Comparing Figure 1, the organization in Figure 2 and Figure 3 is clearly refined. Due to the bipolar heat treatment method, most of the second phase in the as-cast state can be dissolved into the matrix, while the second phase remaining in the matrix will be broken into fine particles during extrusion with an extrusion ratio of 25:1. Distributed along the extrusion direction, these second phases can promote the formation of dynamic recrystallization, and the elements dissolved into the matrix will be dynamically precipitated during the extrusion process. In the dispersed distribution matrix, the fine second phase particles and dispersed phase can pin the crystal boundary, hindering the growth of recrystallized grains. It can be seen from Figure 3 that there are many broken second phases in the alloy, and the energy spectrum analysis shows Mg-Zn-Y I phase, Mg-Zn-Ce phase, and Ca2Mg6Zn3 phase. These second phases can pin the dislocation movement and improve the mechanical properties of the alloy.
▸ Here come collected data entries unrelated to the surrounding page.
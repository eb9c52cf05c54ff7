-- ===== src/Trail.antt =====
-- internal/audit and internal/postgres/audit.go: the trail of who changed what. A change becomes an
-- entry stamped with the time, the actor and the request, and the entries are rows of the database.
use pilam.Prelude.{
  ℕ, ◌+◌, ◌≡◌, String, Bool, true, false, not, ◌&&◌, Option, none, some, List, [], ◌∷◌, ◌++◌, any,
  length, map, take, ltb, if◌then◌else◌, ◌==◌, ℕ_eq, String_eq, keep_if, ℤ, pos, ltb_ℤ, leb_ℤ,
  pos_part,
}
use pilam.Prelude.Int.{eq_ℤ}
use pilam.Prelude.Text.{Text}
use pilam.Prelude.Sort.{sort_by}
use pilam.Errors.{
  Error, no_actor, no_entity, no_entity_id, no_action, constraint_failed, Result, ok, err,
}
use pilam.Date.Gregorian.{Time}
use pilam.Ids.{Uuid, nil_id}
use pilam.Schema.{Change, Entry, Identity, Tables, User}
use pilam.World.{
  Env, World, Action, ◌>>=◌, ◌>>◌, pure, raise, raise_if, reads, writes, new_id, in_tx,
}
pub mod Laws
pub mod Newest
pub mod Told

-- `Change.check`, in the order of its cases.
unfoldable pub check : Change → Action (Unit {0})
check c =
    if c.entity == ""
    then raise no_entity
    else if c.entity_id == nil_id
    then raise no_entity_id
    else if c.action == ""
    then raise no_action
    else pure tt

abbrev pub stamp : Env → Uuid → Uuid → Change → Entry
stamp env actor id c = record {
  id = id;
  at = env.now;
  actor_id = actor;
  entity = c.entity;
  entity_id = c.entity_id;
  action = c.action;
  field_key = c.field_key;
  old = c.old;
  new = c.new;
  request_id = env.request_id;
}

-- The loop of `Trail.Record`.
unfoldable pub stamp_all : Env → Uuid → List Change → Action (List Entry)
unfolding check new_id
stamp_all env actor [] = pure []
stamp_all env actor (c ∷ changes) = do
  check c
  id ← new_id env
  rest ← stamp_all env actor changes
  pure (stamp env actor id c ∷ rest)

-- The primary key and the actor of the table audit_entry.
unfoldable pub insert_entry : Entry → Action (Unit {0})
insert_entry e w =
    if any (λ d. d.id == e.id) w.tables.trail
    then (err constraint_failed, w)
    else if not (any (λ (u : User). u.id == e.actor_id) w.tables.users)
    then (err constraint_failed, w)
    else (ok tt, record w { tables = record w.tables { trail = w.tables.trail ++ e ∷ [] } })

-- `Audit.Record` of internal/postgres.
unfoldable pub insert_entries : List Entry → Action (Unit {0})
unfolding insert_entry
insert_entries [] = pure tt
insert_entries (e ∷ entries) = do insert_entry e; insert_entries entries

unfoldable pub store_entries : List Entry → Action (Unit {0})
unfolding insert_entries in_tx
store_entries [] = pure tt
store_entries (e ∷ entries) = in_tx (insert_entries (e ∷ entries))

-- `Trail.Record`
unfoldable pub record_changes : Env → Uuid → List Change → Action (Unit {0})
unfolding stamp_all store_entries
record_changes env actor [] = pure tt
record_changes env actor (c ∷ changes) = do
  raise_if (actor == nil_id) no_actor
  entries ← stamp_all env actor (c ∷ changes)
  store_entries entries

-- `auth.FromContext`: an anonymous request has the zero identity.
unfoldable pub from_context : Env → Option Identity
from_context env = elim env.identity [
  | none ↦ none
  | some identity ↦ if identity.user_id == nil_id then none else some identity
]

abbrev pub actor_of : Option Identity → Uuid
actor_of none = nil_id
actor_of (some identity) = identity.user_id

-- `BaseService.RecordTrail`
unfoldable pub record_trail : Env → List Change → Action (Unit {0})
unfolding record_changes from_context
record_trail env changes = record_changes env (actor_of (from_context env)) changes

-- `Activation`
unfoldable pub activation : Bool → String
activation true = "reactivated"
activation false = "deactivated"

-- `Scope` and the read side of the trail.
pub record Scope : Type 0 where
  pub entity : String
  pub ids : List Uuid

-- `newestFirst`: the later entry stands first, and of two of one time the greater identifier.
unfoldable pub newest_first : Entry → Entry → Bool
newest_first a b =
    if eq_ℤ a.at.instant b.at.instant then not (ltb a.id b.id) else ltb_ℤ b.at.instant a.at.instant

-- `ListAuditEntries` of db/queries/audit.sql.
unfoldable pub by_entities : String → List Uuid → ℕ → Tables → List Entry
unfolding newest_first
by_entities entity ids limit t = take limit (
    sort_by newest_first
      (keep_if (λ e. (e.entity == entity) && any (λ i. i == e.entity_id) ids) t.trail))

unfoldable pub clamp_limit : ℤ → ℕ
clamp_limit limit =
    if leb_ℤ limit (pos 0) then 50 else if ltb_ℤ (pos 200) limit then 200 else pos_part limit

unfoldable pub read_scopes : List Scope → ℕ → Tables → List Entry
unfolding by_entities
read_scopes [] limit t = []
read_scopes (s ∷ scopes) limit t =
    let rest = read_scopes scopes limit t in
    elim s.ids [ [] ↦ rest | i ∷ ids ↦ by_entities s.entity (i ∷ ids) limit t ++ rest ]

-- `Time.In` of the business timezone.
abbrev in_zone : Env → Entry → Entry
in_zone env e = record e { at = record { instant = e.at.instant; offset = env.zone e.at.instant } }

-- `Log.Scopes`, and `Log.Entity`.
unfoldable pub log_scopes : Env → ℤ → List Scope → Action (List Entry)
unfolding read_scopes clamp_limit
log_scopes env limit scopes w =
    let n = clamp_limit limit in
    let entries = read_scopes scopes n w.tables in
    let merged = if ltb 1 (length scopes) then sort_by newest_first entries else entries in
    (ok (map (in_zone env) (take n merged)), w)

unfoldable log_entity : Env → String → Uuid → ℤ → Action (List Entry)
unfolding log_scopes
log_entity env entity id limit =
    log_scopes env limit (record { entity = entity; ids = id ∷ [] } ∷ [])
Finally, it is noted that the above embodiments are only used to illustrate the technical solutions of the present invention without limitation. Although the present invention has been described in detail with reference to the preferred embodiments, those skilled in the art should understand that the technical solutions of the present invention can be carried out Modifications or equivalent replacements that do not depart from the spirit and scope of the technical solution of the present invention shall be covered by the claims of the present invention.

Claims (2)

1. a kind of low-cost high-strength Mg-Zn-Y-Ce-Ca magnesium alloy, which is characterized in that ingredient percent are as follows: Zn 5.0 ~ 6.0 wt.%, Y 0.15 ~ 0.45 wt.%, Ce 0 ~ 1.0 wt.% of 0.15 ~ 0.35 wt.%, Ca, remaining is for Mg and unavoidably Impurity.
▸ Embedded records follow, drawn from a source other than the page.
-- ===== src/Accounts.antt =====
-- internal/auth/auth.go with internal/postgres/users.go: the accounts, their logins and their edits.
use pilam.Prelude.{
  ℕ, ◌+◌, String, Bool, true, false, not, ◌&&◌, ◌||◌, Option, none, some, List, [], ◌∷◌, ◌++◌, ◌==◌,
  ◌!=◌, List_eq, ℕ_eq, Bool_eq, if◌then◌else◌, ℤ, pos, ◌+ℤ◌, ℤ-Eq, any, all, map, find_first,
  keep_if,
}
use pilam.Prelude.Int.{int32}
use pilam.Prelude.Text.{Text, trim_space, to_lower, contains, fields, format_bool, codes}
use pilam.Errors.{
  Error, no_user, email_taken, user_id_taken, self_lockout, not_resolved, rejected, required,
  not_allowed, incorrect, constraint_failed, Result, ok, err,
}
use pilam.Date.Gregorian.{Time}
use pilam.Ids.{Uuid, nil_id}
use pilam.Schema.{Role, member, root, other, Identity, User, Change}
use pilam.Validate.{Validator, ready, require, check, merge, min_len, max_len, err_of, fail}
use pilam.World.{
  Env, World, Action, ◌>>=◌, ◌>>◌, pure, raise, raise_if, raise_some, or_raise, reads, lift, new_id,
  in_tx,
}
use pilam.Trail.{record_changes, from_context}
use pilam.Auth.Throttle
pub mod Logins
pub mod Edits
pub mod Laws
pub mod Liveness
pub mod Sessions
pub mod Rows
pub mod Lockout
pub mod Principals
pub mod Directory

-- internal/platform/password, whose hashes rest on argon2: a hash is made from the plain text and
-- a draw of randomness, and a check of one answers whether it holds and whether it wants a rehash.
pub record Passwords : Type 0 where
  pub hash : ℕ → Text → Text
  pub verify : Text → Text → Result (Bool × Bool)
  pub generate : ℕ → Text
  pub dummy : Text

-- `Role.Valid` and `Role.Allows`
unfoldable pub is_valid_role : Role → Bool
is_valid_role member = true
is_valid_role root = true
is_valid_role other = false

abbrev pub role_eq : Role → Role → Bool
role_eq member member = true
role_eq root root = true
role_eq other other = true
role_eq _ _ = false

unfoldable pub allows : Role → Role → Bool
allows r asked = role_eq r root || role_eq r asked

abbrev pub role_text : Role → Text
role_text member = codes "member"
role_text root = codes "root"
role_text other = []

-- `User.Identity`, `Principal` and `User.Principal`.
unfoldable pub identity_of : User → Identity
identity_of u = record {
  user_id = u.id;
  email = u.email;
  first_name = u.first_name;
  last_name = u.last_name;
  role = u.role;
  passwd_expired = u.passwd_expired;
}

pub record Principal : Type 0 where
  pub user_id : Uuid
  pub epoch : ℤ

abbrev pub principal_of : User → Principal
principal_of u = record { user_id = u.id; epoch = u.session_epoch }

-- `NormalizeEmail`
unfoldable pub normalize_email : Text → Text
normalize_email email = to_lower (trim_space email)

-- `Users.ByID` and `Users.ByEmail`, over the queries of db/queries/users.sql.
unfoldable pub by_id : Uuid → Action User
by_id id = do row ← reads (λ t. find_first (λ (u : User). u.id == id) t.users); or_raise no_user row

unfoldable pub by_email : Text → Action User
by_email email = do
  row ← reads (λ t. find_first (λ (u : User). to_lower u.email == to_lower email) t.users)
  or_raise no_user row

-- The unique index on lower(email), seen from the row that is written.
abbrev pub same_email : User → User → Bool
same_email row u = (u.id != row.id) && (to_lower u.email == to_lower row.email)

-- The parameters of an insert and of an update: the column of the epoch has 32 bits.
abbrev pub as_stored : User → User
as_stored u = record u { session_epoch = int32 u.session_epoch }

unfoldable pub create_row : User → Action (Unit {0})
unfolding int32
create_row row w =
    if not (is_valid_role row.role)
    then (err constraint_failed, w)
    else if any (λ (u : User). u.id == row.id) w.tables.users
    then (err user_id_taken, w)
    else if any (same_email row) w.tables.users
    then (err email_taken, w)
    else (
      ok tt,
      record w { tables = record w.tables { users = w.tables.users ++ as_stored row ∷ [] } },
    )

unfoldable pub update_row : User → Action (Unit {0})
unfolding int32
update_row row w =
    if not (any (λ (u : User). u.id == row.id) w.tables.users)
    then (err no_user, w)
    else if not (is_valid_role row.role)
    then (err constraint_failed, w)
    else if any (same_email row) w.tables.users
    then (err email_taken, w)
    else (
      ok tt,
      record w {
        tables = record w.tables {
          users = map (λ u. if u.id == row.id then as_stored row else u) w.tables.users;
        };
      },
    )

-- `userChange`
abbrev pub user_change : Uuid → String → String → Text → Text → Change
user_change id action field old new = record {
  entity = "user";
  entity_id = id;
  action = action;
  field_key = field;
  old = old;
  new = new;
}

-- `Service.actor`
unfoldable pub actor : Env → Uuid → Uuid
unfolding from_context
actor env fallback = elim (from_context env) [ none ↦ fallback | some identity ↦ identity.user_id ]

-- `Service.write`: the row and what changed, in one transaction.
unfoldable pub write : Env → User → List Change → Action (Unit {0})
write env row changes = in_tx (update_row row >> record_changes env (actor env row.id) changes)

-- The calls of the throttle.
abbrev pub throttle_reset : Text → Action (Unit {0})
throttle_reset key w = (ok tt, record w { failed = Throttle.reset key w.failed })

abbrev pub throttle_fail : Env → Text → Action (Unit {0})
throttle_fail env key w = (ok tt, record w { failed = Throttle.fail env.now key w.failed })

-- `Resolve`, of what `ParsePrincipal` reads from the subject. Every failure is `ErrNotResolved`.
unfoldable pub resolve_row : Principal → User → Result Identity
unfolding identity_of
resolve_row p u =
    if not u.active
    then err not_resolved
    else if u.session_epoch != p.epoch
    then err not_resolved
    else ok (identity_of u)

unfoldable pub resolve : Option Principal → Action Identity
resolve none w = (err not_resolved, w)
resolve (some p) w = elim (find_first (λ (u : User). u.id == p.user_id) w.tables.users) [
  | none ↦ (err not_resolved, w)
  | some u ↦ (resolve_row p u, w)
]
2. the preparation method of low-cost high-strength Mg-Zn-Y-Ce-Ca magnesium alloy as described in claim 1: including walking as follows It is rapid:

1) melting: matching raw material by the component, raw materials used for conjunction among pure magnesium ingot, pure zinc ingot, Mg-Y intermediate alloy, Mg-Ce Gold, Mg-Ca intermediate alloy, first preheat raw material and crucible at 200 DEG C, 1h are kept the temperature, later in CO₂And SF₆Mixed gas is protected Under shield, magnesium ingot is put into crucible and is heated to 700 DEG C of fusings, to whole fusings, temperature is risen to 720 DEG C, by zinc ingot metal and intermediate conjunction Gold is put into magnesium melt, is stirred 2 ~ 5 minutes after fusing, is kept its ingredient uniform, 10 ~ 20 minutes is stood at 720 DEG C, after standing Dross on surface of fusant is salvaged, crucible is taken out when temperature is down to 700-710 DEG C and is put into water cooling in salt water, required magnesium is prepared and closes Golden ingot casting；

2) it machines: cylinder size being squeezed according to extruder, by above-mentioned ingot casting railway carriage, is sawn to suitable dimension；

3) it homogenizes: the magnesium alloy ingot prepared in step 2) is covered with graphite, 10 ~ 12h, Zhi Hou are kept the temperature at 350 DEG C 6h is kept the temperature at 400 DEG C, takes out quenching, the material after obtaining Homogenization Treatments；

4) hot extrusion: the material in step 3) is removed into surface scale and extrusion die preheats 1h at 350 DEG C, at 300 DEG C It is squeezed at ~ 350 DEG C, extrusion ratio 25:1, extrusion speed is 0.6 ~ 1.2 m/min, obtains magnesium alloy rod.